Immigration: Not Right vs. Left, But Up vs. Down [Mark Krikorian]

A new Zogby poll of business executives, small-business owners, and union households finds the same gap between elites and the rank-and-file as among religious denominations and the public at large. While the U.S. Chamber of Commerece, certain industry associations, and the big union federations all want amnesty and increased immigration, the people they claim to speak for disagree. Respondents overwhelmingly preferred attrition through enforcement over legalization; thought there were plenty of Americans to do less-skilled work; said illegal immigration is caused by inadequate enforcement rather than limits on legal immigration; and wanted less overall immigration.

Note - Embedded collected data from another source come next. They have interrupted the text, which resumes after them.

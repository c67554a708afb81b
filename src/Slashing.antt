-- ===== src/Slashing.antt =====
-- Tickets slashed for not voting and for voting twice (rusty-consensus/src/pos_slashing.rs).
pub mod Ticket
pub mod Proofs
mod Tests
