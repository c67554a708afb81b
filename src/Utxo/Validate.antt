-- ===== src/Utxo/Validate.antt =====
-- The checks on a transaction's inputs and outputs against the set
-- (rusty-core/src/consensus/utxo_set.rs).
use rusty_coin.Common.{
  ℕ, ◌+◌, ◌-◌, ◌%◌, Bool, true, false, not, ◌&&◌, ◌||◌, List, [], ◌∷◌, Option, none, some, ltb, leb,
  ◌==◌, if◌then◌else◌,
}
use rusty_coin.Common.Words.{u64_mod, u64_max}
use rusty_coin.Types.Tx.{OutPoint, TxInput, TxOutput, Utxo, OutPoint-discrete}
use rusty_coin.Types.Transaction.{Transaction, get_inputs, get_outputs, get_lock_time, get_fee}
use rusty_coin.Script.Engine.{locktime_threshold}
use rusty_coin.Utxo.Set.{UtxoSet, get_utxo}

abbrev pub dust_limit : ℕ
dust_limit = 500

-- `spent_utxos_in_tx.contains`
unfoldable pub contains : OutPoint → List OutPoint → Bool
contains p [] = false
contains p (q ∷ qs) =
    let rest = contains p qs in elim (OutPoint-discrete q p) [ yes e ↦ true | no e ↦ rest ]

-- A coinbase output that is too young, at a height other than the highest.
unfoldable pub is_immature : Utxo → ℕ → ℕ → Bool
is_immature utxo height maturity =
    utxo.is_coinbase && not (height == u64_max) && ltb (height - utxo.creation_height) maturity

-- A lock time that is a height and not reached, at a height other than the highest.
unfoldable pub is_locked : ℕ → ℕ → Bool
is_locked lock_time height =
    not (height == u64_max)
    && ltb lock_time locktime_threshold
    && ltb 0 lock_time
    && ltb height lock_time

-- The loop over the inputs: the sum of the values, modulo 2 ^ 64, or `none` for `return false`.
unfoldable pub sum_inputs : UtxoSet → ℕ → ℕ → ℕ → List OutPoint → ℕ → List TxInput → Option ℕ
sum_inputs s lock_time height maturity spent total [] = some total
sum_inputs s lock_time height maturity spent total (input ∷ inputs) =
    elim (get_utxo input.previous_output s) [
      | none ↦ none
      | some utxo ↦
          let rest =
            sum_inputs s lock_time height maturity (input.previous_output ∷ spent)
              ((total + utxo.output.value) % u64_mod) inputs in
          if contains input.previous_output spent
            || is_immature utxo height maturity
            || is_locked lock_time height
          then none
          else rest
    ]

-- The loop over the outputs, likewise.
unfoldable pub sum_outputs : ℕ → ℕ → List TxOutput → Option ℕ
sum_outputs dust total [] = some total
sum_outputs dust total (output ∷ outputs) =
    let rest = sum_outputs dust ((total + output.value) % u64_mod) outputs in
    if ltb output.value dust then none else rest

unfoldable pub validate_transaction_comprehensive : UtxoSet → Transaction → ℕ → ℕ → ℕ → Bool
validate_transaction_comprehensive s tx height maturity dust =
    elim (sum_inputs s (get_lock_time tx) height maturity [] 0 (get_inputs tx)) [
      | none ↦ false
      | some total_input ↦ elim (sum_outputs dust 0 (get_outputs tx)) [
        | none ↦ false
        | some total_output ↦ leb ((total_output + get_fee tx) % u64_mod) total_input
      ]
    ]

unfoldable pub validate_transaction_inputs_with_params : UtxoSet → Transaction → ℕ → ℕ → Bool
validate_transaction_inputs_with_params s tx height maturity =
    validate_transaction_comprehensive s tx height maturity dust_limit

unfoldable pub validate_transaction_inputs_at_height : UtxoSet → Transaction → ℕ → Bool
validate_transaction_inputs_at_height s tx height =
    validate_transaction_inputs_with_params s tx height 100

unfoldable pub validate_transaction_inputs : UtxoSet → Transaction → Bool
validate_transaction_inputs s tx = validate_transaction_inputs_at_height s tx u64_max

The honorable exception to this disconnect is the National Federation of Independent Business, NFIB, the lobby for small business. Not coincidentally, it's the only such group that asks its members what its position should be on immigration. As a result, the NFIB is on the record opposing amnesty and supporting enforcement legislation.

This headquarters staff-vs.-membership dynamic really hit home at a meeting I attended a few years ago for Fortune 100 firms. I shared a table at lunch with the chairman of one of the nation's largest corporations, who told me neither he nor most of the others gathered there really cared all that much about amnesty and illegal immigration because they paid their blue-collar workers pretty high salaries and had good HR departments. But since Chamber president Tom Donohue (whom I had just been on a panel with) had such passionate opinions about it, they let him do what he wanted.